Information for EU and EFTA students

If you are living and studying lawfully in the UK when it leaves the EU, you will be able to use the NHS, as you do now, after that date. You should continue to use your European Health Insurance Card (EHIC), if you have one, until that date, to prove you are entitled to NHS treatment and to avoid being charged for your healthcare.

If you do not have an EHIC, you can continue to apply for one until the day the UK leaves the EU from your health insurance authority.

Swiss and EFTA nationals who start their studies in the UK before exit day will continue to benefit from their EHIC cover for the duration of their course, even if it finishes after exit day.

The EHIC is not an alternative to travel insurance. It is therefore important to have both an EHIC and a valid private travel insurance policy in place before you travel.

Find out more about healthcare for EU or EFTA citizens visiting UK.

S1 certificate (formerly known as E106)

If you are living lawfully in the UK when the UK leaves the EU, you will be able to use the NHS, as you do now, after that date.

Under current rules, an S1 certificate helps you and your dependents to be covered for healthcare in the EU/EFTA country where you live, including the UK. If you have an S1 certificate, it will be valid until the UK leaves the EU.

If you do not have an S1 certificate, you can continue to apply for one until the UK leaves the EU.
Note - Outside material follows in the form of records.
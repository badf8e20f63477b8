-- ===== src/Session/Recovery.antt =====
-- How two sessions of libcrocofix/session.cpp close a gap in the numbers of one of them.
pub mod Stamps
pub mod Request
pub mod Answer
pub mod Filled
pub mod Logon
pub mod Rounds
pub mod Reset
mod Examples
use crocofix.Base.{
  ℕ, ◌+◌, ◌%◌, ◌≤◌, ◌<◌, ◌≡◌, refl, sym, ap, subst, ◌∙◌, Bool, true, false, none, some, List, [],
  ◌∷◌, arith, ◌==◌, ◌&&◌, if◌then◌else◌, append-nil,
}
use crocofix.Base.Bytes.{Bytes, bytes_eq, to_string, int_max, u32_mod}
use crocofix.Base.Exec.{Result, ok, pure, ◌>>=◌}
use crocofix.Tags
use crocofix.Field.{field, try_get, get_bool}
use crocofix.Message.{
  Message, message, of_fields, msg_type, msg_seq_num, poss_dup_flag, stoi_u32, standard,
}
use crocofix.Session.State.{Session, Env, resending, logged_on, is_state}
use crocofix.Session.Handler.{
  check_sequence, dispatch_rest, dispatch, process_in_sequence, process_typed, process_message,
}
use crocofix.Session.Numbers.{sent_out, stamped-number}
use crocofix.Session.Delivery.{IsApplication, valid_numbers, advanced}
use crocofix.Session.Recovery.Stamps.{
  written_messages, Arrives, Unstamped, stamped-other, stoi_u32-to_string,
}
use crocofix.Session.Recovery.Request.{
  after_send, Asks, request-Asks, request_fields, recovering, requested, gap-requested,
}
use crocofix.Session.Recovery.Answer.{FillsGap, Answered, process_resend_request-Answered}
use crocofix.Session.Recovery.Filled.{Closed, gap_fill-Closed, probe_fields}
use crocofix.Session.Handshake.Logons.{next}
use crocofix.Session.Handshake.Arrivals.{process_message-typed}
use crocofix.Session.Handshake.Contents.{probe-Identified, beat-Identified}
use crocofix.Session.Handshake.Probes.{heartbeat_fields, probe-answered, On}
use crocofix.Session.Recovery.Logon.{heartbeat_answer}
pub use crocofix.Session.Recovery.Rounds.{Lags, newest_written, HandedOne, Recovered}
use crocofix.Session.Recovery.Rounds.{ahead-requested, stepped, recovered}

-- The two sessions between the messages.
module _ (env_a env_b : Env) (a b : Session) (ahead request fill probe beat : Message) where
  abbrev pub asking_a : Session
  asking_a = (process_message env_a ahead a).1

  abbrev pub filling_b : Session
  filling_b = (process_message env_b request b).1

  abbrev pub probing_a : Session
  probing_a = (process_message env_a fill asking_a).1

  abbrev pub beating_b : Session
  beating_b = (process_message env_b probe filling_b).1

  abbrev pub on_a : Session
  on_a = (process_message env_a beat probing_a).1

  -- An application message reaches a session from behind a gap, and the request that the session hands to its
  -- writer, the peer's answer, the TestRequest that the session sends then and the Heartbeat of the peer
  -- arrive as they were sent: each step sent one message, the gap fill without a number of its own, each
  -- session expects the number that the other one uses next, and the first is logged on. This is where the
  -- session was not resending and does not use NextExpectedMsgSeqNum, the peer missed nothing and delays its
  -- TestRequest, and the numbers fit an `int`. A message is followed from `process_message` on, where
  -- `on_message_read` has checked it, and is handled as the MsgType says that it arrives with.
  pub gap-Recovered :
      (t : Bytes) (n : ℕ)
      → Lags n a b
      → IsApplication t
      → msg_type ahead ≡ ok t
      → poss_dup_flag ahead ≡ ok false
      → msg_seq_num ahead ≡ ok n
      → Arrives (newest_written asking_a) request
      → Arrives (newest_written filling_b) fill
      → Arrives (newest_written probing_a) probe
      → Arrives (newest_written beating_b) beat
      → Recovered a b asking_a filling_b probing_a beating_b on_a
  gap-Recovered t n g i y p h =
      let e =
        process_message-typed env_a ahead t a y
        ∙ ahead-requested env_a ahead t n a i p h g.not_resending g.ahead in
      stepped
        (λ (s : Session).
          Arrives (newest_written s) request
          → Arrives (newest_written filling_b) fill
          → Arrives (newest_written (process_message env_a fill s).1) probe
          → Arrives (newest_written beating_b) beat
          → Recovered a b s filling_b (process_message env_a fill s).1 beating_b
              (process_message env_a beat (process_message env_a fill s).1).1)
        e (recovered env_a env_b a b n request fill probe beat g)
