-- ===== src/Session/Handshake/Rounds.antt =====
-- The steps of a handshake, on the states that they lead to.
use crocofix.Base.{ℕ, ◌+◌, ◌%◌, ◌≤◌, ◌≡◌, refl, sym, ap, ◌∙◌, false, arith, ◌==◌}
use crocofix.Base.Bytes.{to_string, int_max, u32_mod}
use crocofix.Base.Exec.{ok}
use crocofix.Tags
use crocofix.Message.{Message}
use crocofix.Session.State.{Session, Env, connected, logged_on, initiator, acceptor, is_acceptor}
use crocofix.Session.Replies.{open_session}
use crocofix.Session.Handler.{process_message}
use crocofix.Session.Recovery.{newest_written}
use crocofix.Session.Recovery.Stamps.{written_messages, Arrives}
use crocofix.Session.Recovery.Request.{after_send}
use crocofix.Session.Recovery.Filled.{probing}
use crocofix.Session.Handshake.Logons.{
  logon_fields, opened, received, next, scheduled, initiator-opened, acceptor-opened,
  acceptor-answers, initiator-takes,
}
use crocofix.Session.Handshake.Probes.{
  heartbeat_fields, timer_cleared, probed, probe-answered, On, heartbeat-On,
}
use crocofix.Session.Handshake.Arrivals.{process_message-typed}
use crocofix.Session.Handshake.Contents.{arrived-IsLogon, probe-Identified, beat-Identified}

-- An initiator and an acceptor, each of which expects the number that the other one uses next.
pub record CanPair (a b : Session) : Type 0 where
  pub connected_a : a.state ≡ connected
  pub connected_b : b.state ≡ connected
  pub initiator_a : a.options.logon_behaviour ≡ initiator
  pub acceptor_b : b.options.logon_behaviour ≡ acceptor
  pub plain_a : a.options.use_next_expected_msg_seq_num ≡ false
  pub plain_b : b.options.use_next_expected_msg_seq_num ≡ false
  pub delayed_a : (a.options.test_request_delay == 0) ≡ false
  pub delayed_b : (b.options.test_request_delay == 0) ≡ false
  pub expects_a : a.incoming_msg_seq_num ≡ b.outgoing_msg_seq_num
  pub expects_b : b.incoming_msg_seq_num ≡ a.outgoing_msg_seq_num
  pub small_a : a.outgoing_msg_seq_num + 2 ≤ int_max
  pub small_b : b.outgoing_msg_seq_num + 2 ≤ int_max
  pub small_interval : a.options.heartbeat_interval ≤ int_max

-- Both are logged on, and each expects the number that the other one uses next.
pub record ArePaired (a b : Session) : Type 0 where
  pub on_a : a.state ≡ logged_on
  pub on_b : b.state ≡ logged_on
  pub expects_a : a.incoming_msg_seq_num ≡ b.outgoing_msg_seq_num
  pub expects_b : b.incoming_msg_seq_num ≡ a.outgoing_msg_seq_num

module _ (env_a env_b : Env) (a b : Session) (c : CanPair a b) where
  abbrev pub interval : ℕ
  interval = a.options.heartbeat_interval

  abbrev pub a1 : Session
  a1 = after_send env_a (logon_fields interval) (opened a)

  abbrev pub b2 : Session
  b2 =
      next
        (scheduled env_b (after_send env_b (logon_fields interval) (received interval (opened b))))

  abbrev pub a2 : Session
  a2 = next (scheduled env_a (received interval a1))

  abbrev pub a3 : Session
  a3 = probed env_a a2

  abbrev pub b3 : Session
  b3 = after_send env_b (heartbeat_fields (to_string a.next_test_request_id)) (next b2)

  abbrev pub b4 : Session
  b4 = probed env_b b3

  pub a_opens : open_session env_a a ≡ (ok tt, a1)
  a_opens = initiator-opened env_a a c.connected_a c.initiator_a c.plain_a

  pub b_opens : open_session env_b b ≡ (ok tt, opened b)
  b_opens = acceptor-opened env_b b c.connected_b c.acceptor_b

  pub b_answers :
      (logon : Message)
      → Arrives (newest_written a1) logon
      → process_message env_b logon (opened b) ≡ (ok tt, b2)
  unfolding written_messages
  b_answers logon x =
      let l =
        arrived-IsLogon env_a interval logon (opened a) (opened b) x (omega (arith, c.small_a))
          c.small_interval c.expects_b in
      process_message-typed env_b logon Tags.logon (opened b) l.typed
      ∙ acceptor-answers env_b logon interval (opened b) l c.plain_b c.delayed_b
          (ap is_acceptor c.acceptor_b)

  pub a_takes :
      (reply : Message)
      → Arrives (newest_written b2) reply
      → process_message env_a reply a1 ≡ (ok tt, a2)
  unfolding written_messages
  a_takes reply x =
      let l =
        arrived-IsLogon env_b interval reply (received interval (opened b)) a1 x
          (omega (arith, c.small_b)) c.small_interval c.expects_a in
      process_message-typed env_a reply Tags.logon a1 l.typed
      ∙ initiator-takes env_a reply interval a1 l c.plain_a c.delayed_a
          (ap is_acceptor c.initiator_a)

  pub b_answers_probe :
      (probe : Message)
      → Arrives (newest_written a3) probe
      → process_message env_b probe b2 ≡ (ok tt, b3)
  unfolding written_messages
  b_answers_probe probe x =
      let i =
        probe-Identified env_a a.next_test_request_id probe (probing env_a (timer_cleared a2))
          b2.incoming_msg_seq_num x (omega (arith, c.small_a))
          (ap (λ (n : ℕ). (n + 1) % u32_mod) c.expects_b) in
      process_message-typed env_b probe Tags.test_request b2 i.typed
      ∙ probe-answered env_b probe (to_string a.next_test_request_id) b2 i.original i.numbered
          i.identified

  pub a_completes :
      (beat : Message)
      → Arrives (newest_written b3) beat
      → On env_a a3 (process_message env_a beat a3).1
  unfolding written_messages
  a_completes beat x =
      let i =
        beat-Identified env_b (to_string a.next_test_request_id) beat (next b2)
          a3.incoming_msg_seq_num x (omega (arith, c.small_b))
          (ap (λ (n : ℕ). (n + 1) % u32_mod) c.expects_a) in
      rw (process_message-typed env_a beat Tags.heartbeat a3 i.typed) (
        heartbeat-On env_a beat a.next_test_request_id a3 i.original i.numbered i.identified refl
          refl)

  -- The second round, for whatever the first left of the initiator.
  module _ (a4 : Session) (o : On env_a a3 a4) where
    abbrev pub a5 : Session
    a5 = after_send env_a (heartbeat_fields (to_string b.next_test_request_id)) (next a4)

    pub a_answers_probe :
        (probe : Message)
        → Arrives (newest_written b4) probe
        → process_message env_a probe a4 ≡ (ok tt, a5)
    unfolding written_messages
    a_answers_probe probe x =
        let i =
          probe-Identified env_b b.next_test_request_id probe (probing env_b (timer_cleared b3))
            a4.incoming_msg_seq_num x (omega (arith, c.small_b))
            (o.incoming ∙ ap (λ (n : ℕ). ((n + 1) % u32_mod + 1) % u32_mod) c.expects_a) in
        process_message-typed env_a probe Tags.test_request a4 i.typed
        ∙ probe-answered env_a probe (to_string b.next_test_request_id) a4 i.original i.numbered
            i.identified

    pub b_completes :
        (beat : Message)
        → Arrives (newest_written a5) beat
        → ArePaired a5 (process_message env_b beat b4).1
    unfolding written_messages
    b_completes beat x =
        let small : a4.outgoing_msg_seq_num ≤ int_max = omega (arith, o.outgoing, c.small_a) in
        let i =
          beat-Identified env_a (to_string b.next_test_request_id) beat (next a4)
            b4.incoming_msg_seq_num x small
            (ap (λ (n : ℕ). ((n + 1) % u32_mod + 1) % u32_mod) c.expects_b ∙ sym o.outgoing) in
        let p : On env_b b4 (process_message env_b beat b4).1 =
          rw (process_message-typed env_b beat Tags.heartbeat b4 i.typed) (
            heartbeat-On env_b beat b.next_test_request_id b4 i.original i.numbered i.identified
              refl refl) in
        record {
          on_a = o.on;
          on_b = p.on;
          expects_a =
              ap (λ (n : ℕ). (n + 1) % u32_mod)
                (o.incoming ∙ ap (λ (n : ℕ). ((n + 1) % u32_mod + 1) % u32_mod) c.expects_a)
              ∙ sym p.outgoing;
          expects_b =
              p.incoming
              ∙ ap (λ (n : ℕ). (n + 1) % u32_mod)
                  (ap (λ (n : ℕ). ((n + 1) % u32_mod + 1) % u32_mod) c.expects_b ∙ sym o.outgoing);
        }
You may be eligible for an S1 certificate, if you:

  • have worked and paid contributions in the EU/EFTA
  • receive some relevant benefits such as pensions from the EU/EFTA

If you are eligible, you should apply to the health insurance authority in the relevant country.

If you are an EFTA national living in the UK on exit day, your S1 entitlements are protected after exit day under the citizens’ rights agreements with Switzerland and the EFTA states.

After the UK leaves the EU, for citizens from EU Member States, the S1 certificate may not be valid, depending on decisions by those countries on the continuation of reciprocal entitlements.

However, EU citizens lawfully residing in the UK on exit day will continue to be covered for healthcare after that date.

Agreement with Switzerland and EFTA states

Find out more about the Swiss Citizens’ Rights Agreement.

Find out more about the EEA EFTA separation agreement (for a deal scenario).

Find out more information on the EEA EFTA separation agreement (for a deal scenario).

Find out more about the EEA EFTA Citizens’ Rights agreement (for a no deal scenario).

Agreement with Ireland

British citizens who live in Ireland and Irish citizens who live in the UK will continue to have the right to access healthcare there. This is because of longstanding arrangements under the Common Travel Area.

Both governments are committed to continuing to help people access healthcare after the UK leaves the EU.

Find out more information on the Common Travel Area between the British and Ireland.